(Dataset entries)
● ● ● ●

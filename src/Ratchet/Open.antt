-- ===== src/Ratchet/Open.antt =====
-- `decryptWithMessageKey` on what `encrypt` has sealed.
use messk.Prelude.{
  ℕ, ◌-◌, ◌==◌, ◌≤◌, ◌≡◌, refl, sym, ◌or_else◌, ap, ◌∙◌, Bool, true, false, ◌&&◌, none, some, [],
  ◌++◌, Text, nonempty, same, length, length-append, take-append, drop-append, take, drop,
  replicate, ltb, if◌then◌else◌, arith,
}
use messk.Json.{get, is_truthy, field_of}
use messk.Json.Parse.{parse_json}
use messk.Ratchet.Platform.{
  Platform, Bytes, RatchetMessage, IsPlatform, sent_header, stringify_envelope, envelope_json,
}
use messk.Ratchet.Step.{>>?-some}
use messk.Ratchet.Seal.{
  seal, build_authenticated_plaintext, padding_target, read_envelope, decrypt_with_message_key,
  is_count, is_text, check_header,
}
use messk.Ratchet.Wire.{parse-stringify_envelope}

abbrev pub same_header : Text → ℕ → ℕ → Text → ℕ → ℕ → Bool
same_header k n pn k' n' pn' = same k k' && (n == n') && (pn == pn')

read-envelope_json :
    (decoded k : Text) (n pn : ℕ) (k' : Text) (n' pn' : ℕ) (plaintext padding : Text)
    → read_envelope decoded k' n' pn' (some (envelope_json k n pn plaintext padding))
      ≡ (if same_header k n pn k' n' pn' then some plaintext else none)
unfolding read_envelope check_header is_count is_text get field_of same is_truthy
read-envelope_json decoded k n pn k' n' pn' plaintext padding = refl

-- What sealing a message gives, step by step.
abbrev Sealed : Platform → Bytes → Bytes → Text → ℕ → ℕ → Text → RatchetMessage → Type 0
Sealed p nonce key pub_key n pn plaintext msg =
    (padding : Text) × (bytes : Bytes) × (box : Bytes) × (p.decode_utf8
        (stringify_envelope pub_key n pn plaintext padding)
      ≡ some bytes)
    × (p.secretbox bytes nonce key ≡ some box)
    × (msg.header ≡ sent_header pub_key n pn)
    × (msg.ciphertext ≡ p.encode_base64 (nonce ++ box))

built-padding :
    (pub_key : Text) (n pn : ℕ) (plaintext text : Text)
    → build_authenticated_plaintext pub_key n pn plaintext ≡ some text
    → (padding : Text) × (text ≡ stringify_envelope pub_key n pn plaintext padding)
unfolding build_authenticated_plaintext
built-padding pub_key n pn plaintext text e = (
  replicate
      (padding_target pub_key n pn plaintext
        - length (stringify_envelope pub_key n pn plaintext []))
      b'0',
  ground arith,
)

module _ (p : Platform) where
  seal-steps :
      (nonce key : Bytes) (pub_key : Text) (n pn : ℕ) (plaintext : Text) (msg : RatchetMessage)
      → seal p nonce key pub_key n pn plaintext ≡ some msg
      → Sealed p nonce key pub_key n pn plaintext msg
  unfolding seal
  seal-steps nonce key pub_key n pn plaintext msg e =
      let (text, built, e1) =
        >>?-some (build_authenticated_plaintext pub_key n pn plaintext) _ msg e in
      let (bytes, decoded, e2) = >>?-some (p.decode_utf8 text) _ msg e1 in
      let (box, boxed, e3) = >>?-some (p.secretbox bytes nonce key) _ msg e2 in
      let (padding, q) = built-padding pub_key n pn plaintext text built in
      (
        padding,
        bytes,
        box,
        rw (← q) decoded,
        boxed,
        ap (λ o. (o or_else msg).header) (sym e3),
        ap (λ o. (o or_else msg).ciphertext) (sym e3),
      )

module _ (p : Platform) (h : IsPlatform p) (nonce key : Bytes) (pub_key : Text) (n pn : ℕ)
    (plaintext : Text) where
  open-steps :
      (ciphertext : Text) (full_cipher bytes : Bytes) (decoded k : Text) (n' pn' : ℕ)
      → p.decode_base64 ciphertext ≡ some full_cipher
      → 40 ≤ length full_cipher
      → p.secretbox_open (drop 24 full_cipher) (take 24 full_cipher) key ≡ some (some bytes)
      → p.encode_utf8 bytes ≡ some decoded
      → decrypt_with_message_key p ciphertext key k n' pn'
        ≡ read_envelope decoded k n' pn' (parse_json decoded)
  unfolding decrypt_with_message_key
  open-steps ciphertext full_cipher bytes decoded k n' pn' e long opened text =
      let large : ltb (length full_cipher) 40 ≡ false = ground arith in
      rw (e, large, opened, text) refl

  -- What has been sealed opens, with the same message key, to its text under its own header, and
  -- to null under a header that differs in the public key or in a counter.
  pub decrypt-seal :
      (msg : RatchetMessage) (k : Text) (n' pn' : ℕ)
      → seal p nonce key pub_key n pn plaintext ≡ some msg
      → decrypt_with_message_key p msg.ciphertext key k n' pn'
        ≡ (if same_header pub_key n pn k n' pn' then some plaintext else none)
  decrypt-seal msg k n' pn' e =
      let (padding, bytes, box, decoded, boxed, header, cipher) =
        seal-steps p nonce key pub_key n pn plaintext msg e in
      let (nonce_length, box_length, opened) = h.box bytes nonce key box boxed in
      let text = stringify_envelope pub_key n pn plaintext padding in
      open-steps msg.ciphertext (nonce ++ box) bytes text k n' pn'
        (rw cipher (h.base64 (nonce ++ box))) (omega (arith, length-append nonce box))
        (rw (take-append 24 nonce box nonce_length, drop-append 24 nonce box nonce_length) opened)
        (h.utf8 text bytes decoded)
      ∙ ap (read_envelope text k n' pn') (parse-stringify_envelope pub_key n pn plaintext padding)
      ∙ read-envelope_json text pub_key n pn k n' pn' plaintext padding

  pub seal-valid :
      (msg : RatchetMessage)
      → seal p nonce key pub_key n pn plaintext ≡ some msg
      → (msg.header ≡ sent_header pub_key n pn) × (nonempty msg.ciphertext ≡ true)
  seal-valid msg e =
      let (padding, bytes, box, decoded, boxed, header, cipher) =
        seal-steps p nonce key pub_key n pn plaintext msg e in
      let (nonce_length, box_length, opened) = h.box bytes nonce key box boxed in
      (
        header,
        rw cipher (h.base64_nonempty (nonce ++ box) (omega (arith, length-append nonce box))),
      )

● ● ● ●

▶ [To do]
Give each entry again, spelled exactly as shown.

▶ [Result of the exercise]
filename src/Ratchet/Open.antt
-- ===== src/Ratchet/Open.antt =====
-- `decryptWithMessageKey` on what `encrypt` has sealed.
use messk.Prelude.{
  ℕ, ◌-◌, ◌==◌, ◌≤◌, ◌≡◌, refl, sym, ◌or_else◌, ap, ◌∙◌, Bool, true, false, ◌&&◌, none, some, [],
  ◌++◌, Text, nonempty, same, length, length-append, take-append, drop-append, take, drop,
  replicate, ltb, if◌then◌else◌, arith,
}
use messk.Json.{get, is_truthy, field_of}
use messk.Json.Parse.{parse_json}
use messk.Ratchet.Platform.{
  Platform, Bytes, RatchetMessage, IsPlatform, sent_header, stringify_envelope, envelope_json,
}
use messk.Ratchet.Step.{>>?-some}
use messk.Ratchet.Seal.{
  seal, build_authenticated_plaintext, padding_target, read_envelope, decrypt_with_message_key,
  is_count, is_text, check_header,
}
use messk.Ratchet.Wire.{parse-stringify_envelope}

abbrev pub same_header : Text → ℕ → ℕ → Text → ℕ → ℕ → Bool
same_header k n pn k' n' pn' = same k k' && (n == n') && (pn == pn')

read-envelope_json :
    (decoded k : Text) (n pn : ℕ) (k' : Text) (n' pn' : ℕ) (plaintext padding : Text)
    → read_envelope decoded k' n' pn' (some (envelope_json k n pn plaintext padding))
      ≡ (if same_header k n pn k' n' pn' then some plaintext else none)
unfolding read_envelope check_header is_count is_text get field_of same is_truthy
read-envelope_json decoded k n pn k' n' pn' plaintext padding = refl

-- What sealing a message gives, step by step.
abbrev Sealed : Platform → Bytes → Bytes → Text → ℕ → ℕ → Text → RatchetMessage → Type 0
Sealed p nonce key pub_key n pn plaintext msg =
    (padding : Text) × (bytes : Bytes) × (box : Bytes) × (p.decode_utf8
        (stringify_envelope pub_key n pn plaintext padding)
      ≡ some bytes)
    × (p.secretbox bytes nonce key ≡ some box)
    × (msg.header ≡ sent_header pub_key n pn)
    × (msg.ciphertext ≡ p.encode_base64 (nonce ++ box))

built-padding :
    (pub_key : Text) (n pn : ℕ) (plaintext text : Text)
    → build_authenticated_plaintext pub_key n pn plaintext ≡ some text
    → (padding : Text) × (text ≡ stringify_envelope pub_key n pn plaintext padding)
unfolding build_authenticated_plaintext
built-padding pub_key n pn plaintext text e = (
  replicate
      (padding_target pub_key n pn plaintext
        - length (stringify_envelope pub_key n pn plaintext []))
      b'0',
  ground arith,
)

module _ (p : Platform) where
  seal-steps :
      (nonce key : Bytes) (pub_key : Text) (n pn : ℕ) (plaintext : Text) (msg : RatchetMessage)
      → seal p nonce key pub_key n pn plaintext ≡ some msg
      → Sealed p nonce key pub_key n pn plaintext msg
  unfolding seal
  seal-steps nonce key pub_key n pn plaintext msg e =
      let (text, built, e1) =
        >>?-some (build_authenticated_plaintext pub_key n pn plaintext) _ msg e in
      let (bytes, decoded, e2) = >>?-some (p.decode_utf8 text) _ msg e1 in
      let (box, boxed, e3) = >>?-some (p.secretbox bytes nonce key) _ msg e2 in
      let (padding, q) = built-padding pub_key n pn plaintext text built in
      (
        padding,
        bytes,
        box,
        rw (← q) decoded,
        boxed,
        ap (λ o. (o or_else msg).header) (sym e3),
        ap (λ o. (o or_else msg).ciphertext) (sym e3),
      )

module _ (p : Platform) (h : IsPlatform p) (nonce key : Bytes) (pub_key : Text) (n pn : ℕ)
    (plaintext : Text) where
  open-steps :
      (ciphertext : Text) (full_cipher bytes : Bytes) (decoded k : Text) (n' pn' : ℕ)
      → p.decode_base64 ciphertext ≡ some full_cipher
      → 40 ≤ length full_cipher
      → p.secretbox_open (drop 24 full_cipher) (take 24 full_cipher) key ≡ some (some bytes)
      → p.encode_utf8 bytes ≡ some decoded
      → decrypt_with_message_key p ciphertext key k n' pn'
        ≡ read_envelope decoded k n' pn' (parse_json decoded)
  unfolding decrypt_with_message_key
  open-steps ciphertext full_cipher bytes decoded k n' pn' e long opened text =
      let large : ltb (length full_cipher) 40 ≡ false = ground arith in
      rw (e, large, opened, text) refl

  -- What has been sealed opens, with the same message key, to its text under its own header, and
  -- to null under a header that differs in the public key or in a counter.
  pub decrypt-seal :
      (msg : RatchetMessage) (k : Text) (n' pn' : ℕ)
      → seal p nonce key pub_key n pn plaintext ≡ some msg
      → decrypt_with_message_key p msg.ciphertext key k n' pn'
        ≡ (if same_header pub_key n pn k n' pn' then some plaintext else none)
  decrypt-seal msg k n' pn' e =
      let (padding, bytes, box, decoded, boxed, header, cipher) =
        seal-steps p nonce key pub_key n pn plaintext msg e in
      let (nonce_length, box_length, opened) = h.box bytes nonce key box boxed in
      let text = stringify_envelope pub_key n pn plaintext padding in
      open-steps msg.ciphertext (nonce ++ box) bytes text k n' pn'
        (rw cipher (h.base64 (nonce ++ box))) (omega (arith, length-append nonce box))
        (rw (take-append 24 nonce box nonce_length, drop-append 24 nonce box nonce_length) opened)
        (h.utf8 text bytes decoded)
      ∙ ap (read_envelope text k n' pn') (parse-stringify_envelope pub_key n pn plaintext padding)
      ∙ read-envelope_json text pub_key n pn k n' pn' plaintext padding

  pub seal-valid :
      (msg : RatchetMessage)
      → seal p nonce key pub_key n pn plaintext ≡ some msg
      → (msg.header ≡ sent_header pub_key n pn) × (nonempty msg.ciphertext ≡ true)
  seal-valid msg e =
      let (padding, bytes, box, decoded, boxed, header, cipher) =
        seal-steps p nonce key pub_key n pn plaintext msg e in
      let (nonce_length, box_length, opened) = h.box bytes nonce key box boxed in
      (
        header,
        rw cipher (h.base64_nonempty (nonce ++ box) (omega (arith, length-append nonce box))),
      )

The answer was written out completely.